Il Pentagono diventerà green - REUTERS
Il Pentagono si tinge di verde ma (forse) anche un po’ di rosso. Rosso cinese. La provocazione arriva da Asia Times. Che ha messo in fila i fatti. Primo: la svolta green del ministero della Difesa a stelle e strisce, voluta fortemente dall’Amministrazione Biden. Il Pentagono dovrà installare pannelli solari sul tetto per produrre energia pulita. L’obiettivo è la riduzione del 65% delle emissioni di gas serra derivanti dalle strutture federali entro il 2030 e la creazione di un portafoglio edilizio a zero emissioni entro il 2045. Nel piano c’è quindi anche il Pentagono che rientra nei 31 siti governativi che stanno ricevendo 104 milioni di dollari in sovvenzioni dal Dipartimento dell’Energia. Finalità: raddoppiare la quantità di elettricità senza emissioni di carbonio nelle strutture federali e creare 27 megawatt di capacità di energia pulita, sfruttando al contempo più di 361 milioni di dollari in investimenti privati.
Secondo Brendan Owens, vicesegretario alla Difesa Usa per l’energia, i progetti miglioreranno “la resilienza e l’affidabilità energetica del Pentagono e di altri siti militari negli Stati Uniti”. Owens ha definito l’uso dell’energia “al centro di tutto ciò che facciamo”.
Secondo: negli Usa otto pannelli solari installati su dieci provengono dalla Cina. Anche se l’Amministrazione volesse aggirare il blocco cinese e acquistare pannelli di fabbricazione americana, “il silicio e il polisilicio necessari per i pannelli solari proverebbero comunque dalla Cina”. Se il Pentagono punterà sull’energia solare per il suo funzionamento, avrà bisogno di enormi batterie. Le batterie saranno basate sul litio e la Cina ne è il secondo produttore mondiale. “Sei delle dieci maggiori aziende produttrici di batterie agli ioni di litio del mondo sono in Cina. Dal gigante asiatico proviene il 79% di tutte le batterie agli ioni di litio entrate nel mercato globale nel 2021 e si prevede che Pechino rimarrà il Paese leader nella produzione di batterie agli ioni di litio nel 2025”.

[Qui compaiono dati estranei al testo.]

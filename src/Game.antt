-- ===== src/Game.antt =====
-- The data that the engine's parts share: core/enums.py, core/engine/state.py, actions.py and
-- events.py, under the names of the source.
pub mod Enums
pub mod State
pub mod Payloads
pub mod Events
unfoldable pub use Enums.*
unfoldable pub use State.*
pub use Payloads.*
unfoldable pub use Events.*
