-- ===== src/Json.antt =====
-- Python values as the engine stores them: what `Any` ranges over in canonical_json.py,
-- observation_privacy.py and spectator_projection.py. An `other_value` is of any other type, given by
-- its name, and a key that is no text carries its type's name and how it prints.
pub mod Canonical
pub mod Order
pub mod Reorder
use padrino.Base.{Bool, true, false, String, mem, string_eq, List, [], ◌∷◌}
use padrino.Game.{ℤ}

pub data Key : Type 0 where
  name_key : String → Key
  other_key : (type_name shown : String) → Key

mutual
  pub data Value : Type 0 where
    none_value : Value
    bool_value : Bool → Value
    int_value : ℤ → Value
    str_value : String → Value
    list_value : Items → Value
    tuple_value : Items → Value
    dict_value : Fields → Value
    other_value : (type_name : String) → Value

  pub data Items : Type 0 where
    no_items : Items
    item : Value → Items → Items

  -- The entries of a dictionary, in its order.
  pub data Fields : Type 0 where
    no_fields : Fields
    field : Key → Value → Fields → Fields

-- `key in names`
abbrev pub key_in : Key → List String → Bool
key_in (name_key k) names = mem k names
key_in (other_key type_name shown) names = false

Terzo fatto (in forma dubitativa): il Pentagono potrebbe essere costretto a fare ricorso alla tecnologia cinese. E l’imperativo del “Buy America” finirebbe per essere disatteso. Come peraltro accaduto sistematicamente negli ultimi tre decenni da “quando computer, laptop, modem e altri dispositivi elettronici di fabbricazione cinese vengono utilizzati regolarmente anche nei sottomarini nucleari strategici”. Con quali rischi per la sicurezza nazionale a stelle e strisce?

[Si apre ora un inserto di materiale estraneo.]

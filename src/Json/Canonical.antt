-- ===== src/Json/Canonical.antt =====
-- src/padrino/core/engine/canonical_json.py: `_validate` and `canonical_dumps`. `json.dumps` is what
-- the call asks of it: sorted keys, no blanks, and texts escaped as with `ensure_ascii=False`.
use Prim.Native.Char.{code}
use Prim.Native.String.{compare as compare_text}
use Prim.Native.Nat.{Ordering}
use padrino.Base.{
  ℕ, suc, ◌/◌, ◌%◌, Bool, true, false, List, [], ◌∷◌, String, append_text, str, sort_by, ltb, ◌=ℕ=◌,
  if◌then◌else◌, Result, ok, err, ◌>>=◌,
}
use padrino.Game.{ℤ, pos, negsuc}
use padrino.Json.{
  Key, name_key, other_key, Value, none_value, bool_value, int_value, str_value, list_value,
  tuple_value, dict_value, other_value, Items, no_items, item, Fields, no_fields, field,
}

-- The `TypeError`s of `_validate`.
pub data TypeError : Type 0 where
  string_keys_required : (type_name : String) → TypeError
  unsupported_type : (type_name : String) → TypeError

unfoldable mutual
  pub validate : Value → Result TypeError (Unit {0})
  validate none_value = ok tt
  validate (bool_value b) = ok tt
  validate (int_value n) = ok tt
  validate (str_value s) = ok tt
  validate (list_value xs) = validate_items xs
  validate (tuple_value xs) = validate_items xs
  validate (dict_value fs) = validate_fields fs
  validate (other_value type_name) = err (unsupported_type type_name)

  pub validate_items : Items → Result TypeError (Unit {0})
  validate_items no_items = ok tt
  validate_items (item x xs) = validate x >>= λ _. validate_items xs

  pub validate_fields : Fields → Result TypeError (Unit {0})
  validate_fields no_fields = ok tt
  validate_fields (field (other_key type_name shown) v fs) = err (string_keys_required type_name)
  validate_fields (field (name_key k) v fs) = validate v >>= λ _. validate_fields fs

abbrev hex_digit : ℕ → String
hex_digit n =
    if ltb n 10
    then str n
    else if n =ℕ= 10
    then "a"
    else if n =ℕ= 11
    then "b"
    else if n =ℕ= 12
    then "c"
    else if n =ℕ= 13
    then "d"
    else if n =ℕ= 14
    then "e"
    else "f"

-- The escape of a character, by its code point.
unfoldable pub escape_code : ℕ → String → String
escape_code n c =
    if n =ℕ= 34
    then "\\\""
    else if n =ℕ= 92
    then "\\\\"
    else if n =ℕ= 10
    then "\\n"
    else if n =ℕ= 13
    then "\\r"
    else if n =ℕ= 9
    then "\\t"
    else if n =ℕ= 12
    then "\\f"
    else if n =ℕ= 8
    then "\\b"
    else if ltb n 32
    then append_text "\\u00" (append_text (hex_digit (n / 16)) (hex_digit (n % 16)))
    else c

unfoldable pub escape : String → String
unfolding escape_code
escape String.[] = ""
escape (String.◌∷◌ c s) = append_text (escape_code (code c) (String.◌∷◌ c "")) (escape s)

unfoldable pub quote : String → String
unfolding escape
quote s = append_text "\"" (append_text (escape s) "\"")

abbrev pub str_int : ℤ → String
str_int (pos n) = str n
str_int (negsuc n) = append_text "-" (str (suc n))

-- The order of keys, by code points.
-- `a <= b` of a comparison.
abbrev pub is_le : Ordering → Bool
is_le Ordering.gt = false
is_le _ = true

unfoldable pub text_le : String → String → Bool
text_le s t = is_le (compare_text s t)

unfoldable pub key_le : String × String → String × String → Bool
unfolding text_le
key_le a b = text_le (a.0) (b.0)

abbrev pub key_text : Key → String
key_text (name_key k) = k
key_text (other_key type_name shown) = shown

-- `"key":value` for each entry, separated by commas.
unfoldable pub join_entries : List (String × String) → String
unfolding quote
join_entries [] = ""
join_entries ((k, v) ∷ []) = append_text (quote k) (append_text ":" v)
join_entries ((k, v) ∷ e ∷ es) =
    append_text (quote k)
      (append_text ":" (append_text v (append_text "," (join_entries (e ∷ es)))))

unfoldable pub join_items : List String → String
join_items [] = ""
join_items (v ∷ []) = v
join_items (v ∷ w ∷ ws) = append_text v (append_text "," (join_items (w ∷ ws)))

-- `json.dumps(obj, ensure_ascii=False, sort_keys=True, separators=(",", ":"), allow_nan=False)`.
unfoldable mutual
  unfolding quote key_le join_entries join_items

  pub dumps : Value → String
  dumps none_value = "null"
  dumps (bool_value true) = "true"
  dumps (bool_value false) = "false"
  dumps (int_value n) = str_int n
  dumps (str_value s) = quote s
  dumps (list_value xs) = append_text "[" (append_text (join_items (dumps_items xs)) "]")
  dumps (tuple_value xs) = append_text "[" (append_text (join_items (dumps_items xs)) "]")
  dumps (dict_value fs) =
      append_text "{" (append_text (join_entries (sort_by key_le (dumps_fields fs))) "}")
  dumps (other_value type_name) = ""

  pub dumps_items : Items → List String
  dumps_items no_items = []
  dumps_items (item x xs) = dumps x ∷ dumps_items xs

  pub dumps_fields : Fields → List (String × String)
  dumps_fields no_fields = []
  dumps_fields (field k v fs) = (key_text k, dumps v) ∷ dumps_fields fs

unfoldable pub canonical_dumps : Value → Result TypeError String
unfolding validate dumps
canonical_dumps obj = validate obj >>= λ _. ok (dumps obj)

Il caso Pentagono mette a nudo la preminenza raggiunta dalla Cina nel settore dell’energia pulita. Un primato, peraltro, destinato a consolidarsi. Secondo l’Agenzia Internazionale per l’Energia, come indicato nel rapporto Renewables 2023, la Cina rappresenterà il 56% della capacità aggiuntiva di energia rinnovabile nel periodo 2023-2028. Secondo il rapporto, Pechino aumenterà la capacità rinnovabile di 2.060 gigawatt (GW), mentre il resto del mondo arrancherà a 1.574 GW. Dietro la Cina si posizionano l’Unione Europea e gli Stati Uniti, rispettivamente con 429 GW e 337 GW.